Bentonville, Ark., seemed like an Emerald City of sorts Wednesday as hometown giant Wal-Mart Stores Inc. put on display its latest efforts to go green.
The company hosted former Vice President Al Gore's talk on global warming, welcomed an environmental group's plan to locate an office in the corporate neighborhood and talked about the progress it was making to improve the global effects of its worldwide operations.
Not everyone was buying it. But Gwen Ruta with the nonprofit group Environmental Defense said, "We've seen enough movement to convince us that they are serious.
"If they are able to meet their goals, then we are talking about transformational change," said Ruta, the director of corporate partnerships for Environmental Defense, which announced plans to recruit a staff member to work full time in Bentonville starting later this year.
Gore visited Bentonville to speak at a Wal-Mart conference on the environment and screened his film on global warming, "An Inconvenient Truth."
Gore and his wife, Tipper, later joined Wal-Mart Chief Executive H. Lee Scott Jr. and his wife for dinner.
"Mr. Gore's approach has been that he will go anywhere and talk to any audience that wants to learn about climate change and how to solve it," said Kalee Kreider, a spokeswoman for Gore. "Preaching to the choir is easy; the idea is to reach out to a big tent. Wal-Mart is part of that effort."

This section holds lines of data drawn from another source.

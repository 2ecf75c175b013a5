-- ===== src/Bank/Server.antt =====
-- bank.h and bank.c: the server that keeps the accounts. The file-level variables are the record
-- `Bank`; what it writes to the ATMs is recorded in the order of the writes. The results of the
-- system calls `read` and `write` come from outside.
pub mod Checks
pub mod Ledger
pub mod Run
use projects_in_c.Base.{
  ℕ, zero, suc, ◌+◌, List, [], ◌∷◌, ◌++◌, Option, none, some, Bool, not, ◌&&◌, ltb, ◌==◌,
  if◌then◌else◌, ◌>>=◌, get_elem?, set, replicate,
}
use projects_in_c.Base.Words.{add, sub, slt, sge, rounds_to}
use projects_in_c.Base.Text.{codes}
use projects_in_c.Bank.Command.{
  Command, message_size, Parts, cmd_unpack, cmd_connect, cmd_exit, cmd_deposit, cmd_withdraw,
  cmd_transfer, cmd_balance, msg_ok, msg_nofunds, msg_accunkn,
}
use projects_in_c.Bank.Errors.{
  Errors, error_msg, success, err_unknown_cmd, err_pipe_read_err, err_pipe_write_err,
  err_unknown_account, err_unknown_atm,
}

pub record Bank : Type 0 where
  pub accounts : List ℕ
  pub account_count : ℕ
  pub atm_count : ℕ
  pub errors : Errors
  pub outbox : List (ℕ × Command)

unfoldable pub check_pipe_write : ℕ → Errors → ℕ × Errors
check_pipe_write result e =
    if slt result 0
    then (
      err_pipe_write_err,
      error_msg err_pipe_write_err (codes "could not write to atm output file descriptor") e,
    )
    else (if ltb result message_size
        then (
          err_pipe_write_err,
          error_msg err_pipe_write_err
              (codes "partial message written to atm output file descriptor") e,
        )
        else (success, e))

unfoldable pub check_pipe_read : ℕ → Errors → ℕ × Errors
check_pipe_read result e =
    if slt result 0
    then (
      err_pipe_read_err,
      error_msg err_pipe_read_err (codes "could not read from bank input file descriptor") e,
    )
    else (if ltb result message_size
        then (
          err_pipe_read_err,
          error_msg err_pipe_read_err (codes "partial message read from bank input file descriptor")
              e,
        )
        else (success, e))

unfoldable pub check_valid_atm : ℕ → Bank → ℕ × Bank
check_valid_atm atmid b = if not (slt atmid 0) && slt atmid b.atm_count then (success, b) else (
  err_unknown_atm,
  record b {
    errors = error_msg err_unknown_atm (codes "message received from unknown ATM") b.errors;
  },
)

unfoldable pub check_valid_account : ℕ → Bank → ℕ × Bank
check_valid_account accountid b =
    if not (slt accountid 0) && slt accountid b.account_count then (success, b) else (
      err_unknown_account,
      record b {
        errors =
            error_msg err_unknown_account (codes "message received for unknown account") b.errors;
      },
    )

unfoldable pub bank_open : (atm_cnt account_cnt : ℕ) → Bank → Bank
bank_open atm_cnt account_cnt b = record b {
  accounts = replicate (rounds_to account_cnt) 0;
  account_count = account_cnt;
  atm_count = atm_cnt;
}

-- One reply to the ATM `i`; `wrote` is the result of `write`.
unfoldable pub reply : (wrote i : ℕ) → Command → Bank → ℕ × Bank
reply wrote i msg b =
    let (result, e) = check_pipe_write wrote b.errors in
    (result, record b { errors = e; outbox = b.outbox ++ (i, msg) ∷ [] })

unfoldable pub deposit : (wrote : ℕ) → Parts → Bank → Option (ℕ × Bank)
deposit wrote p b =
    let (valid, b₁) = check_valid_account p.t b in
    if valid == success
    then (get_elem? b₁.accounts p.t >>= λ x. some (
        reply wrote p.i (msg_ok 0 p.f p.t p.a)
          (record b₁ { accounts = set b₁.accounts p.t (add x p.a) })))
    else some (reply wrote p.i (msg_accunkn 0 p.t) b₁)

unfoldable pub withdraw : (wrote : ℕ) → Parts → Bank → Option (ℕ × Bank)
withdraw wrote p b =
    let (valid, b₁) = check_valid_account p.f b in
    if valid == success
    then (get_elem? b₁.accounts p.f >>= λ x.
        if sge x p.a
        then some (
            reply wrote p.i (msg_ok 0 p.f p.t p.a)
              (record b₁ { accounts = set b₁.accounts p.f (sub x p.a) }))
        else some (reply wrote p.i (msg_nofunds 0 p.f p.a) b₁))
    else some (reply wrote p.i (msg_accunkn 0 p.t) b₁)

unfoldable pub transfer : (wrote : ℕ) → Parts → Bank → Option (ℕ × Bank)
transfer wrote p b =
    let (valid_f, b₁) = check_valid_account p.f b in
    if not (valid_f == success)
    then some (reply wrote p.i (msg_accunkn 0 p.f) b₁)
    else (let (valid_t, b₂) = check_valid_account p.t b₁ in
        if not (valid_t == success)
        then some (reply wrote p.i (msg_accunkn 0 p.t) b₂)
        else get_elem? b₂.accounts p.f >>= λ x.
            if slt x p.a
            then some (reply wrote p.i (msg_nofunds 0 p.f p.a) b₂)
            else (let accounts₁ = set b₂.accounts p.f (sub x p.a) in
                get_elem? accounts₁ p.t >>= λ y. some (
                  reply wrote p.i (msg_ok 0 p.f p.t p.a)
                    (record b₂ { accounts = set accounts₁ p.t (add y p.a) }))))

-- The amount in the reply is that of the account with the number of the ATM.
unfoldable pub balance : (wrote : ℕ) → Parts → Bank → Option (ℕ × Bank)
balance wrote p b =
    let (valid, b₁) = check_valid_account p.f b in
    if not (valid == success)
    then some (reply wrote p.i (msg_accunkn 0 p.t) b₁)
    else get_elem? b₁.accounts p.i >>= λ a. some (reply wrote p.i (msg_ok 0 p.f p.t a) b₁)

-- The branches of `bank` on the command byte. The third component is `*atm_cnt` afterwards.
unfoldable pub dispatch : (wrote : ℕ) → Parts → Bank → ℕ → Option (ℕ × Bank × ℕ)
dispatch wrote p b atm_cnt =
    if p.c == cmd_connect
    then keep (some (reply wrote p.i (msg_ok 0 p.f p.t p.a) b))
    else (if p.c == cmd_exit
        then (let (result, b') = reply wrote p.i (msg_ok 0 p.f p.t p.a) b in
            some (result, b', sub atm_cnt 1))
        else (if p.c == cmd_deposit
            then keep (deposit wrote p b)
            else (if p.c == cmd_withdraw
                then keep (withdraw wrote p b)
                else (if p.c == cmd_transfer
                    then keep (transfer wrote p b)
                    else (if p.c == cmd_balance
                        then keep (balance wrote p b)
                        else some (err_unknown_cmd, b, atm_cnt))))))
  where
    keep : Option (ℕ × Bank) → Option (ℕ × Bank × ℕ)
    keep o = o >>= λ (result, b'). some (result, b', atm_cnt)

-- `bank`: the result, the server and `*atm_cnt` afterwards. A fault is an access outside
-- `accounts`.
unfoldable pub bank : (wrote : ℕ) → Command → Bank → ℕ → Option (ℕ × Bank × ℕ)
bank wrote cmd b atm_cnt =
    let p = cmd_unpack cmd in
    let (valid, b₁) = check_valid_atm p.i b in
    if not (valid == success)
    then some (err_unknown_atm, b₁, atm_cnt)
    else dispatch wrote p b₁ atm_cnt

-- What the system calls of one round give: the result of `read`, the message that it filled in, and
-- the result of the `write` that may follow.
pub record Round : Type 0 where
  pub result : ℕ
  pub cmd : Command
  pub wrote : ℕ

-- `run_bank`, over the rounds that the system gives: the status is `none` where it waits for more.
unfoldable pub run_bank : List Round → Bank → ℕ → Option (Option ℕ × Bank × ℕ)
run_bank rounds b zero = some (some success, b, 0)
run_bank [] b (suc n) = some (none, b, suc n)
run_bank (r ∷ rounds) b (suc n) =
    let (got, e) = check_pipe_read r.result b.errors in
    let b₁ = record b { errors = e } in
    if not (got == success)
    then some (some got, b₁, suc n)
    else bank r.wrote r.cmd b₁ (suc n) >>= λ (result, b₂, atm_cnt).
        let rest = run_bank rounds b₂ atm_cnt in
        if result == err_unknown_atm
        then rest
        else (if not (result == success) then some (some result, b₂, atm_cnt) else rest)
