-- ===== src/Bank/Server/Checks.antt =====
-- bank.c: what the checks of ids, reads and writes decide.
use projects_in_c.Base.{ℕ, ◌≤◌, ◌<◌, ◌≡◌, not, ◌&&◌, ltb, arith, length}
use projects_in_c.Base.Words.{word, slt, IsNat}
use projects_in_c.Bank.Command.{message_size}
use projects_in_c.Bank.Errors.{Errors, success, err_unknown_account, err_unknown_atm}
use projects_in_c.Bank.Server.{
  Bank, check_pipe_write, check_pipe_read, check_valid_atm, check_valid_account,
}

-- The counts fit an `int`, and there are as many accounts as they say.
pub record IsOpen (b : Bank) : Type 0 where
  pub size : length b.accounts ≡ b.account_count
  pub accounts_fit : IsNat b.account_count
  pub atms_fit : IsNat b.atm_count

-- The two banks differ at most in the last error.
pub record SameBut (b b' : Bank) : Type 0 where
  pub accounts : b'.accounts ≡ b.accounts
  pub account_count : b'.account_count ≡ b.account_count
  pub atm_count : b'.atm_count ≡ b.atm_count
  pub outbox : b'.outbox ≡ b.outbox

-- `0 <= x && x < n` on `int`, for a word `x` and a count `n`.
pub in_range : (x n : ℕ) → x < word → IsNat n → (not (slt x 0) && slt x n) ≡ ltb x n
unfolding slt
in_range x n hx hn = ground arith

module _ (b : Bank) (x : ℕ) (hx : x < word) where
  pub check_valid_account-yes :
      IsNat b.account_count → x < b.account_count → check_valid_account x b ≡ (success, b)
  unfolding check_valid_account
  check_valid_account-yes hn h = rw (in_range x b.account_count hx hn) (ground arith)

  pub check_valid_account-no :
      IsNat b.account_count
      → b.account_count ≤ x
      → ((check_valid_account x b).0 ≡ err_unknown_account) × SameBut b (check_valid_account x b).1
  unfolding check_valid_account
  check_valid_account-no hn h = rw (in_range x b.account_count hx hn) (ground arith)

  pub check_valid_atm-yes : IsNat b.atm_count → x < b.atm_count → check_valid_atm x b ≡ (success, b)
  unfolding check_valid_atm
  check_valid_atm-yes hn h = rw (in_range x b.atm_count hx hn) (ground arith)

  pub check_valid_atm-no :
      IsNat b.atm_count
      → b.atm_count ≤ x
      → ((check_valid_atm x b).0 ≡ err_unknown_atm) × SameBut b (check_valid_atm x b).1
  unfolding check_valid_atm
  check_valid_atm-no hn h = rw (in_range x b.atm_count hx hn) (ground arith)

-- A complete message has been read, or written.
pub check_pipe_read-full :
    (n : ℕ) (e : Errors) → message_size ≤ n → IsNat n → check_pipe_read n e ≡ (success, e)
unfolding check_pipe_read slt
check_pipe_read-full n e h s = ground arith

pub check_pipe_write-full :
    (n : ℕ) (e : Errors) → message_size ≤ n → IsNat n → check_pipe_write n e ≡ (success, e)
unfolding check_pipe_write slt
check_pipe_write-full n e h s = ground arith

The whirlwind of eco-consciousness is part of the corporation's year-old effort to improve its tarnished image with environmentalists.Wal-Mart, the world's biggest private user of electricity, has faced mounting scrutiny for its effect on the environment, as well as local communities and the nation's labor force.

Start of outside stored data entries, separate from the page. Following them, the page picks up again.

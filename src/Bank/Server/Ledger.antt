-- ===== src/Bank/Server/Ledger.antt =====
-- bank.c against a ledger: the transactions that the server may make, as a relation between the
-- accounts before and after and the reply, and that each message makes exactly one of them.
pub mod Operations
pub mod Steps
pub mod Money
pub mod Audit
use projects_in_c.Base.{
  ℕ, ◌+◌, ◌≤◌, ◌<◌, ◌≡◌, ◌⊎◌, List, [], ◌∷◌, ◌++◌, Option, some, Bool, true, false, get_elem?, set,
}
use projects_in_c.Base.Words.{add, sub, slt, word}
use projects_in_c.Bank.Command.{
  Command, Parts, cmd_connect, cmd_exit, cmd_deposit, cmd_withdraw, cmd_transfer, cmd_balance,
  msg_ok, msg_nofunds, msg_accunkn,
}
use projects_in_c.Bank.Server.{Bank}

-- One transaction of a ledger with `n` accounts.
pub data Step (n : ℕ) (p : Parts) (xs ys : List ℕ) (m : Command) : Type 0 where
  greeted :
      (p.c ≡ cmd_connect) ⊎ (p.c ≡ cmd_exit) → ys ≡ xs → m ≡ msg_ok 0 p.f p.t p.a → Step n p xs ys m
  deposited :
      (x : ℕ)
      → p.c ≡ cmd_deposit
      → p.t < n
      → get_elem? xs p.t ≡ some x
      → ys ≡ set xs p.t (add x p.a)
      → m ≡ msg_ok 0 p.f p.t p.a
      → Step n p xs ys m
  withdrawn :
      (x : ℕ)
      → p.c ≡ cmd_withdraw
      → p.f < n
      → get_elem? xs p.f ≡ some x
      → slt x p.a ≡ false
      → ys ≡ set xs p.f (sub x p.a)
      → m ≡ msg_ok 0 p.f p.t p.a
      → Step n p xs ys m
  transferred :
      (x y : ℕ)
      → p.c ≡ cmd_transfer
      → p.f < n
      → p.t < n
      → get_elem? xs p.f ≡ some x
      → slt x p.a ≡ false
      → get_elem? (set xs p.f (sub x p.a)) p.t ≡ some y
      → ys ≡ set (set xs p.f (sub x p.a)) p.t (add y p.a)
      → m ≡ msg_ok 0 p.f p.t p.a
      → Step n p xs ys m
  no_funds :
      (x : ℕ)
      → (p.c ≡ cmd_withdraw) ⊎ ((p.c ≡ cmd_transfer) × (p.t < n))
      → p.f < n
      → get_elem? xs p.f ≡ some x
      → slt x p.a ≡ true
      → ys ≡ xs
      → m ≡ msg_nofunds 0 p.f p.a
      → Step n p xs ys m
  no_target :
      (p.c ≡ cmd_deposit) ⊎ ((p.c ≡ cmd_transfer) × (p.f < n))
      → n ≤ p.t
      → ys ≡ xs
      → m ≡ msg_accunkn 0 p.t
      → Step n p xs ys m
  no_source : p.c ≡ cmd_transfer → n ≤ p.f → ys ≡ xs → m ≡ msg_accunkn 0 p.f → Step n p xs ys m
  no_account :
      (p.c ≡ cmd_withdraw) ⊎ (p.c ≡ cmd_balance)
      → n ≤ p.f
      → ys ≡ xs
      → m ≡ msg_accunkn 0 p.t
      → Step n p xs ys m
  told :
      (x : ℕ)
      → p.c ≡ cmd_balance
      → p.f < n
      → get_elem? xs p.i ≡ some x
      → ys ≡ xs
      → m ≡ msg_ok 0 p.f p.t x
      → Step n p xs ys m

-- The parts are words, as `cmd_unpack` gives them.
pub record AreWords (p : Parts) : Type 0 where
  pub i : p.i < word
  pub f : p.f < word
  pub t : p.t < word
  pub a : p.a < word

-- The bank `b'` is `b` after a transaction with the accounts `ys` and the reply `m` to the ATM `i`.
pub record Answered (b b' : Bank) (i : ℕ) (ys : List ℕ) (m : Command) : Type 0 where
  pub accounts : b'.accounts ≡ ys
  pub account_count : b'.account_count ≡ b.account_count
  pub atm_count : b'.atm_count ≡ b.atm_count
  pub outbox : b'.outbox ≡ b.outbox ++ (i, m) ∷ []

On Oct. 24, Scott announced a slate of ambitious goals, saying Wal-Mart would increase the energy efficiency of its truck fleet — the nation's largest — by 25% in the next three years, and double the efficiency in the next decade.
Scott also said the company would design a new prototype store that would be 25% to 30% more efficient and would produce 30% less greenhouse gas emissions. The company also said it would reduce solid waste from U.S. stores by 25% in the next three years.
Still, some say Wednesday's announcements were little more than environmental politicking by the corporate giant, calling it a strategic concession as Wal-Mart bids to expand in areas such as the West Coast that have resisted the retailer.
"It's about their capacity to ameliorate opposition to building new stores in places like California, where environmental issues are taken seriously," said Nelson Lichtenstein, a professor of history at UC Santa Barbara who has studied Wal-Mart and edited a forthcoming book, "Wal-Mart: The Face of 21st Century Capitalism."
"This does not affect their bottom line," Lichtenstein said of the environmental initiatives, adding that he saw them as a distraction from problems with Wal-Mart's workforce. "They are not going to make any accommodations to labor or on the wage front."
Jim Stanway, director of project development in Wal-Mart's energy department, said Environmental Defense was one of a handful of nonprofits that serve an advisory role to the retailer, a list that includes the 1-million-member Natural Resources Defense Council.
"They've helped us learn about climate-change issues and greenhouse gas," Stanway said of the nonprofits.
He urged critics to look at Wal-Mart's environmental achievements, which include switching to energy-efficient lightbulbs in all 3,700 of its U.S. stores, as well as selling fresh fish that have been caught using environmentally friendly methods. The retailer also has issued a no-idle policy for its truck drivers, which reduces emissions and lowers diesel consumption.
Jon Coifman, a spokesman for the Natural Resources Defense Council, said the nonprofit had worked with Wal-Mart since last summer on environmental issues such as energy and emissions, wasteful packaging and paper products and pollution in China, as well as larger concerns such as global warming.
"As the largest economic presence on the plane, they have an enormous impact on the planet," Coifman said. "If Wal-Mart could achieve significant reductions in global warming emissions, and reset the benchmark, that is a big deal."
In a memo sent to employees in May, Natural Resources Defense Council President Frances Beinecke wrote, "Lee Scott himself admits that the initiative was begun as a defensive strategy, but as they have begun implementing the program, they have found win-wins that improve both the environment and Wal-Mart's bottom line."
Sam Walton Jr., the founder's grandson, serves on the board of Environmental Defense, Ruta said.
Walton had recused himself from talks on the Wal-Mart work. The 400,000-member Environmental Defense received about $650,000 in donations from the Walton Family Foundation, according to tax records from 2003 and 2004.
Ruta said that money would not go toward its work with the corporation.
Wal-Mart still faces a number of problems, both environmentally and in its workforce. The company faces the nation's largest class-action suit, which alleges discrimination against as many as 1.5 million of its female employees. And as recently as December, Wal-Mart faced a criminal investigation by the U.S. attorney's office in Los Angeles into its handling of hazardous waste.